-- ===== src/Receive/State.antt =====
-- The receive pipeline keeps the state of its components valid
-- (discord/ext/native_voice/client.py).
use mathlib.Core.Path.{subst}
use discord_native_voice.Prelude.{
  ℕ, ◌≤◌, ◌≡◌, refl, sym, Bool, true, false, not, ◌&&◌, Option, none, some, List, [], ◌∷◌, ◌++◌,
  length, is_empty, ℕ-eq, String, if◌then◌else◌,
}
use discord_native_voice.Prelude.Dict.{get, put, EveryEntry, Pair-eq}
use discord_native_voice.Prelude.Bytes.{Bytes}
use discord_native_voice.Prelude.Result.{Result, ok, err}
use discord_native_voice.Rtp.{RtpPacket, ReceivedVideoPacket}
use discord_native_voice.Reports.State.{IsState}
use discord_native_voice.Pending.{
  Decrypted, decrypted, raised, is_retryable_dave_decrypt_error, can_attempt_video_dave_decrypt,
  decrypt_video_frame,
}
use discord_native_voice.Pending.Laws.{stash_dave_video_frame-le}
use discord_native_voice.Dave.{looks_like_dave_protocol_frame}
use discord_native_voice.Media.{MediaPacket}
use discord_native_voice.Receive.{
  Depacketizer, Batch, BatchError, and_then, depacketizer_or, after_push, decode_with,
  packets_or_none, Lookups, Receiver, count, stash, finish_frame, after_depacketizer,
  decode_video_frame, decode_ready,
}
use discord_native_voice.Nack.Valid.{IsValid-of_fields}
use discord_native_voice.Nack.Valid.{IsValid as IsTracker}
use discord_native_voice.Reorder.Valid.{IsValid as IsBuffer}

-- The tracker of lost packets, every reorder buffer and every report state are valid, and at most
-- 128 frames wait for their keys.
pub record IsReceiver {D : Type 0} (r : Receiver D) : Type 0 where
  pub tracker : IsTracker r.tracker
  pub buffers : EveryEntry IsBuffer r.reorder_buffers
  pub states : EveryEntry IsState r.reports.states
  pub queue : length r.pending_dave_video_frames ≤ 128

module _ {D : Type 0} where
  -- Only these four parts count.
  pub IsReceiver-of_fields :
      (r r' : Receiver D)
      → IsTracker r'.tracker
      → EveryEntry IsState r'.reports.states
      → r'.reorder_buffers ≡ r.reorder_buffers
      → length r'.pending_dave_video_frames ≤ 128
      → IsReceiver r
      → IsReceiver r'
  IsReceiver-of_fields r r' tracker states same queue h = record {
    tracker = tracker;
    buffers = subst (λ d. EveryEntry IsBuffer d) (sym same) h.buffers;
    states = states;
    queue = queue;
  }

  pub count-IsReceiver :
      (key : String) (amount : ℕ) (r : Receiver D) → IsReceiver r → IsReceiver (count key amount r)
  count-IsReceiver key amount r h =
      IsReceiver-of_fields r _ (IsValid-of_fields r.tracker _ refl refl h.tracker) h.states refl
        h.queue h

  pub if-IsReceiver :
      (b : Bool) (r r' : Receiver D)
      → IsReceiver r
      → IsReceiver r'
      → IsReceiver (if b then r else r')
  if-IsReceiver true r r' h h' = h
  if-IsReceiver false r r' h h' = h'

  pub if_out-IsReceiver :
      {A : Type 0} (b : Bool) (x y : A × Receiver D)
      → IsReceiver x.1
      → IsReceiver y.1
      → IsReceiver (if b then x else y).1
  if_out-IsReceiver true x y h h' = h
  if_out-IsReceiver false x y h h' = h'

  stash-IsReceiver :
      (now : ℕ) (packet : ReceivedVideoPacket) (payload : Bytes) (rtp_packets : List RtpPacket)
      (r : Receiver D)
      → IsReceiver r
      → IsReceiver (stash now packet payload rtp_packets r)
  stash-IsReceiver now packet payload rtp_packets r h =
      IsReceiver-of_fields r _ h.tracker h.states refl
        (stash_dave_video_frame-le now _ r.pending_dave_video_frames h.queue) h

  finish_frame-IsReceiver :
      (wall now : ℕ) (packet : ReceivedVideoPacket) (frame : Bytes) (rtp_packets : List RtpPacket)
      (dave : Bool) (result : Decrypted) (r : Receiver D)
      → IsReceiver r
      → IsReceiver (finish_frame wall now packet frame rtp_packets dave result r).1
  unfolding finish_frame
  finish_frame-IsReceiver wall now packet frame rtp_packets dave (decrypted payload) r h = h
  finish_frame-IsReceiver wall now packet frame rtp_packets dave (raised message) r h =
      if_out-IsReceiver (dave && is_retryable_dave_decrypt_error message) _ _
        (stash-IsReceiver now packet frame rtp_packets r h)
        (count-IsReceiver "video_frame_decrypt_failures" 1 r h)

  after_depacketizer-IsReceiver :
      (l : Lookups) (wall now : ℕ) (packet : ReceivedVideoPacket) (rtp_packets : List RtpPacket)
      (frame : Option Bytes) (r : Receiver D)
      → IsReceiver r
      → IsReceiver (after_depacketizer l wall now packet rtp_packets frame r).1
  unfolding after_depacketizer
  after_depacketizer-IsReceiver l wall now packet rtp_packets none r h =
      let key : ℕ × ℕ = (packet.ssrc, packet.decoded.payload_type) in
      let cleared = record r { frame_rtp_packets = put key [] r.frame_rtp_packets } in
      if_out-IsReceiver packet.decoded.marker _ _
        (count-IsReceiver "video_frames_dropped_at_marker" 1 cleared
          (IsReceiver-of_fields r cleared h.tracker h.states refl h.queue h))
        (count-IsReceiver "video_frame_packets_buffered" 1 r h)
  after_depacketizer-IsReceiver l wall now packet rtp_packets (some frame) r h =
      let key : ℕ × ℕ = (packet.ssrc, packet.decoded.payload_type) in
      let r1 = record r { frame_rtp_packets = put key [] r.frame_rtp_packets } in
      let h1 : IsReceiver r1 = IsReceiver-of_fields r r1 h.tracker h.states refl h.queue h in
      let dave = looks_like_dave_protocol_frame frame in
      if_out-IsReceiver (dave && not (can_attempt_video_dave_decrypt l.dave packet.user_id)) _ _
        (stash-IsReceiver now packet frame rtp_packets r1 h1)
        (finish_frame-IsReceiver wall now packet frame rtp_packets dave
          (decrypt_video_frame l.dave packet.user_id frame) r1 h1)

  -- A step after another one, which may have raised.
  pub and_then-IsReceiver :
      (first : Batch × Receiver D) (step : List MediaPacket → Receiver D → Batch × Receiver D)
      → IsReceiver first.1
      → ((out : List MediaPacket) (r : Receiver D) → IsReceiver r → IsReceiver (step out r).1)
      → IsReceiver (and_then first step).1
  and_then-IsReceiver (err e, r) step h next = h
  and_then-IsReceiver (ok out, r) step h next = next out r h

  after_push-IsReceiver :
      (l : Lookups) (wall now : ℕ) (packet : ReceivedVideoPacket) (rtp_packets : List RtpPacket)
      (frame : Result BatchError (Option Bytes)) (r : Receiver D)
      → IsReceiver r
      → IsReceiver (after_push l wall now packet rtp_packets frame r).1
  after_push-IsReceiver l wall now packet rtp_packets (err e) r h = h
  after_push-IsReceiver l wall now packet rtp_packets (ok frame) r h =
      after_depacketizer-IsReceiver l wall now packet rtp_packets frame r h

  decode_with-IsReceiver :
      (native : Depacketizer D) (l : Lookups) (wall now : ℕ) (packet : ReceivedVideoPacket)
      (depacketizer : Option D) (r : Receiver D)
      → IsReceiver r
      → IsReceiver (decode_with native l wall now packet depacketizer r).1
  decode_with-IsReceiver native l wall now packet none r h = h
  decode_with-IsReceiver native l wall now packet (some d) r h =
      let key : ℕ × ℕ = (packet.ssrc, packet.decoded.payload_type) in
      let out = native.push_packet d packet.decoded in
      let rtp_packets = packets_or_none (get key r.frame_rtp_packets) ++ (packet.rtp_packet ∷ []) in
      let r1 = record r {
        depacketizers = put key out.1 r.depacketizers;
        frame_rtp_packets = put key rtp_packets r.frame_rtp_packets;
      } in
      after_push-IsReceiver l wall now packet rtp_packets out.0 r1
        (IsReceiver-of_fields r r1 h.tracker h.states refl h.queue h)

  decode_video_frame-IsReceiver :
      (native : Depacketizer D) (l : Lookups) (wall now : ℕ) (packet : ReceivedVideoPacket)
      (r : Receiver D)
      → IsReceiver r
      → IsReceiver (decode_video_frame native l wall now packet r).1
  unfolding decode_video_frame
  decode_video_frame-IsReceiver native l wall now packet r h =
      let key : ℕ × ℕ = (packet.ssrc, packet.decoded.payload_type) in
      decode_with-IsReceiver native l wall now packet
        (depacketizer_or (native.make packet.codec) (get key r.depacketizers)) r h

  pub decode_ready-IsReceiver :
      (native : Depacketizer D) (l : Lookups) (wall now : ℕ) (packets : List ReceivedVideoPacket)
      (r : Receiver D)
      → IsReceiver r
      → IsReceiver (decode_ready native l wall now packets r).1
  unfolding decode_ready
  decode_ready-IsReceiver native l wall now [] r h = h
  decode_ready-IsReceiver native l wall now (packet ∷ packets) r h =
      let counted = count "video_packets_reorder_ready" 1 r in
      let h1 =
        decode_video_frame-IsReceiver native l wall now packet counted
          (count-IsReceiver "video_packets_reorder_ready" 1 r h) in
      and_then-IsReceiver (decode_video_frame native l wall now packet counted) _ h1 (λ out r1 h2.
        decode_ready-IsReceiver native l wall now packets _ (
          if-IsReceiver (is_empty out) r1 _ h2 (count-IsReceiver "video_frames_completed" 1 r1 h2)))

--

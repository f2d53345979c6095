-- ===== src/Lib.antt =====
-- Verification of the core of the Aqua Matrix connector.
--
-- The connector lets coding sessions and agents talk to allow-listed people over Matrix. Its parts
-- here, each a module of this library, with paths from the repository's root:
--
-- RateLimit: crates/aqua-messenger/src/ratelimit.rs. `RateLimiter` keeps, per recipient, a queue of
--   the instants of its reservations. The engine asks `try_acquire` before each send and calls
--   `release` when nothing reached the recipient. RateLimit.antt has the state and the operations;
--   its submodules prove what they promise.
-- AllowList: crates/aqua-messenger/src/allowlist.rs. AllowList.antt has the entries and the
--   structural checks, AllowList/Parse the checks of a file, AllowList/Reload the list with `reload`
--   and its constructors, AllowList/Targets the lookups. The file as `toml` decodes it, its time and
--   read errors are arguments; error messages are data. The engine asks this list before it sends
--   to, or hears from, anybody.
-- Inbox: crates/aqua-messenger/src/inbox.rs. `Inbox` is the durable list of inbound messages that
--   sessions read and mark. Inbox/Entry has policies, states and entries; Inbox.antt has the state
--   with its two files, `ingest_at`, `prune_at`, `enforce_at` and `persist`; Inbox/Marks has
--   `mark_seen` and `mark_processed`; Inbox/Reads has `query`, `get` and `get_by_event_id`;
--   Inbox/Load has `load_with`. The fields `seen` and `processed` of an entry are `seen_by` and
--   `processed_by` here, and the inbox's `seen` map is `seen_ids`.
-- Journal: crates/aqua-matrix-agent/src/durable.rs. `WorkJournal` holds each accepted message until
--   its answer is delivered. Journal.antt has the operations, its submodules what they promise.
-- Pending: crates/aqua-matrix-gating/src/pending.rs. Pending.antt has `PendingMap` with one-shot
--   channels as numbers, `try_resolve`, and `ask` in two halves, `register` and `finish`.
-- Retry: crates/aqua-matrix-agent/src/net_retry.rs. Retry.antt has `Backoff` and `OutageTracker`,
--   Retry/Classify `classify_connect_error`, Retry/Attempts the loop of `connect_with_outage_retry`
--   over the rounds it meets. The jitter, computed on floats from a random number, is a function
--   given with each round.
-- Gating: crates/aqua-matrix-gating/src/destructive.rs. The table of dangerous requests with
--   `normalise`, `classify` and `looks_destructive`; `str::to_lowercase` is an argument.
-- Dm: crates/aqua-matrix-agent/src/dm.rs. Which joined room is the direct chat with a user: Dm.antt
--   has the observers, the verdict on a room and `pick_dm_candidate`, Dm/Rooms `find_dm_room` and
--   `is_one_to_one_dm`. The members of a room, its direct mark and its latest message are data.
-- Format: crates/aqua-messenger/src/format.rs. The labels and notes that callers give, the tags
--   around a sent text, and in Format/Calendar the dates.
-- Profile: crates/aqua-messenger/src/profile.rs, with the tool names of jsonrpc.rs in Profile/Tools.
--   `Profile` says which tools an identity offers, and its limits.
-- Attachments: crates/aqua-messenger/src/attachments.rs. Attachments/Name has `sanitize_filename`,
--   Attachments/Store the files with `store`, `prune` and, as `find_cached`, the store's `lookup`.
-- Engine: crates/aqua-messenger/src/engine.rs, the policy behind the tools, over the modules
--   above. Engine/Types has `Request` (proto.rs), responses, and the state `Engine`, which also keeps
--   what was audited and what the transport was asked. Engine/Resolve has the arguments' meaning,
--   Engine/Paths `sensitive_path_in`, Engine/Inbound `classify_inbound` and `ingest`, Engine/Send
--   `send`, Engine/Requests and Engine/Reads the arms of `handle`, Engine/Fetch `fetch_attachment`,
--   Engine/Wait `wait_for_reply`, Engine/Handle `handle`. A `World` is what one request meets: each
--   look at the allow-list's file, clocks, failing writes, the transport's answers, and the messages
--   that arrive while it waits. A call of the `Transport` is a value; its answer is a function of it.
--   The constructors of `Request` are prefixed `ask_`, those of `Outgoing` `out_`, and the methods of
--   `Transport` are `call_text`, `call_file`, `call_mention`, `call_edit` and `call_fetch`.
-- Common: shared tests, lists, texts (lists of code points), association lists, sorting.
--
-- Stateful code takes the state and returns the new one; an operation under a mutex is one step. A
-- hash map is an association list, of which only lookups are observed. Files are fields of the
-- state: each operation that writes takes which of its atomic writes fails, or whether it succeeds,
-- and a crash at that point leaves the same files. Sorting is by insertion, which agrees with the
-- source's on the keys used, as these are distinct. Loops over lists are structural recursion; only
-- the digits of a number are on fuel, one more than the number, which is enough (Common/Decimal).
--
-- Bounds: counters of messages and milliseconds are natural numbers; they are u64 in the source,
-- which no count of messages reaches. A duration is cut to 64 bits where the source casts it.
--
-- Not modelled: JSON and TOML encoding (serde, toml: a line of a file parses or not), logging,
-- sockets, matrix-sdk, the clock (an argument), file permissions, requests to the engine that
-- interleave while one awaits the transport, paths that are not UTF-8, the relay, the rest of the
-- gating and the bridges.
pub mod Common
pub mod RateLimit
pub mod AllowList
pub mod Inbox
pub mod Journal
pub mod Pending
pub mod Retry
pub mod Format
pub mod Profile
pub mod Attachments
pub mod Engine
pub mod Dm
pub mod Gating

...

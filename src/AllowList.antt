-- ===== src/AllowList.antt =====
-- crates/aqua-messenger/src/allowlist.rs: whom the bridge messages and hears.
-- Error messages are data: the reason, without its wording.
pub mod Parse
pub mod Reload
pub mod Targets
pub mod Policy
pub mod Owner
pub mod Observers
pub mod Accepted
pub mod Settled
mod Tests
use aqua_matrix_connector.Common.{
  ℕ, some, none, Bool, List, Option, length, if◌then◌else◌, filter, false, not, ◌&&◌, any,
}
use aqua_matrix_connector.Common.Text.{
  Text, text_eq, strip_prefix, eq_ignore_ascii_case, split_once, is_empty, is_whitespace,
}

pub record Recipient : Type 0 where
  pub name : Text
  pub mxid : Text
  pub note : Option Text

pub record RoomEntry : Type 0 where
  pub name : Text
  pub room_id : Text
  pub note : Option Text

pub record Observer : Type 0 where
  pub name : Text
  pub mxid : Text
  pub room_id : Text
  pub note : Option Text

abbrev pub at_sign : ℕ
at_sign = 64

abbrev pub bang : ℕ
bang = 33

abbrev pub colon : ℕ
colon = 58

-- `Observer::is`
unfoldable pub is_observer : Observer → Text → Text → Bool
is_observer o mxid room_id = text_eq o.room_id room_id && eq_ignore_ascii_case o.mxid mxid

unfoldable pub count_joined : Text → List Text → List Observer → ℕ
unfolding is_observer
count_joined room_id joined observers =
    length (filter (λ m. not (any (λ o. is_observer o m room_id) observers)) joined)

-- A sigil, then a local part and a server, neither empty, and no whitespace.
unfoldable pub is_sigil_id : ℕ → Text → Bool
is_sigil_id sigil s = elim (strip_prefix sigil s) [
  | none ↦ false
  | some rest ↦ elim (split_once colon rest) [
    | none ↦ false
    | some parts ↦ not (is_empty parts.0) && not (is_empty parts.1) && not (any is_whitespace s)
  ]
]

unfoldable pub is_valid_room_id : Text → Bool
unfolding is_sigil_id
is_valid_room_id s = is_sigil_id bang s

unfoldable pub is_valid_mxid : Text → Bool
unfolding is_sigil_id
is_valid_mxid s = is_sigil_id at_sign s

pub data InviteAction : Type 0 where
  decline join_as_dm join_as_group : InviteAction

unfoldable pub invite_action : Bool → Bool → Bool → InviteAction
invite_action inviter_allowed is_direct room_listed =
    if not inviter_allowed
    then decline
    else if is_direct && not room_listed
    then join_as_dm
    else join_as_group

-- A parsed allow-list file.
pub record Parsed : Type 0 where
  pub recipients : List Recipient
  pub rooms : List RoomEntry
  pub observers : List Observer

* **What is being asked**:
Each line above from the one with "structural checks, AllowList/Parse" up to and including the one with "-- Retry: crates/aqua-matrix-agent/src/net_retry.rs." must be set down exactly, and no line outside that span may appear.

* **Response box**:
--   structural checks, AllowList/Parse the checks of a file, AllowList/Reload the list with `reload`
--   and its constructors, AllowList/Targets the lookups. The file as `toml` decodes it, its time and
--   read errors are arguments; error messages are data. The engine asks this list before it sends
--   to, or hears from, anybody.
-- Inbox: crates/aqua-messenger/src/inbox.rs. `Inbox` is the durable list of inbound messages that
--   sessions read and mark. Inbox/Entry has policies, states and entries; Inbox.antt has the state
--   with its two files, `ingest_at`, `prune_at`, `enforce_at` and `persist`; Inbox/Marks has
--   `mark_seen` and `mark_processed`; Inbox/Reads has `query`, `get` and `get_by_event_id`;
--   Inbox/Load has `load_with`. The fields `seen` and `processed` of an entry are `seen_by` and
--   `processed_by` here, and the inbox's `seen` map is `seen_ids`.
-- Journal: crates/aqua-matrix-agent/src/durable.rs. `WorkJournal` holds each accepted message until
--   its answer is delivered. Journal.antt has the operations, its submodules what they promise.
-- Pending: crates/aqua-matrix-gating/src/pending.rs. Pending.antt has `PendingMap` with one-shot
--   channels as numbers, `try_resolve`, and `ask` in two halves, `register` and `finish`.
-- Retry: crates/aqua-matrix-agent/src/net_retry.rs. Retry.antt has `Backoff` and `OutageTracker`,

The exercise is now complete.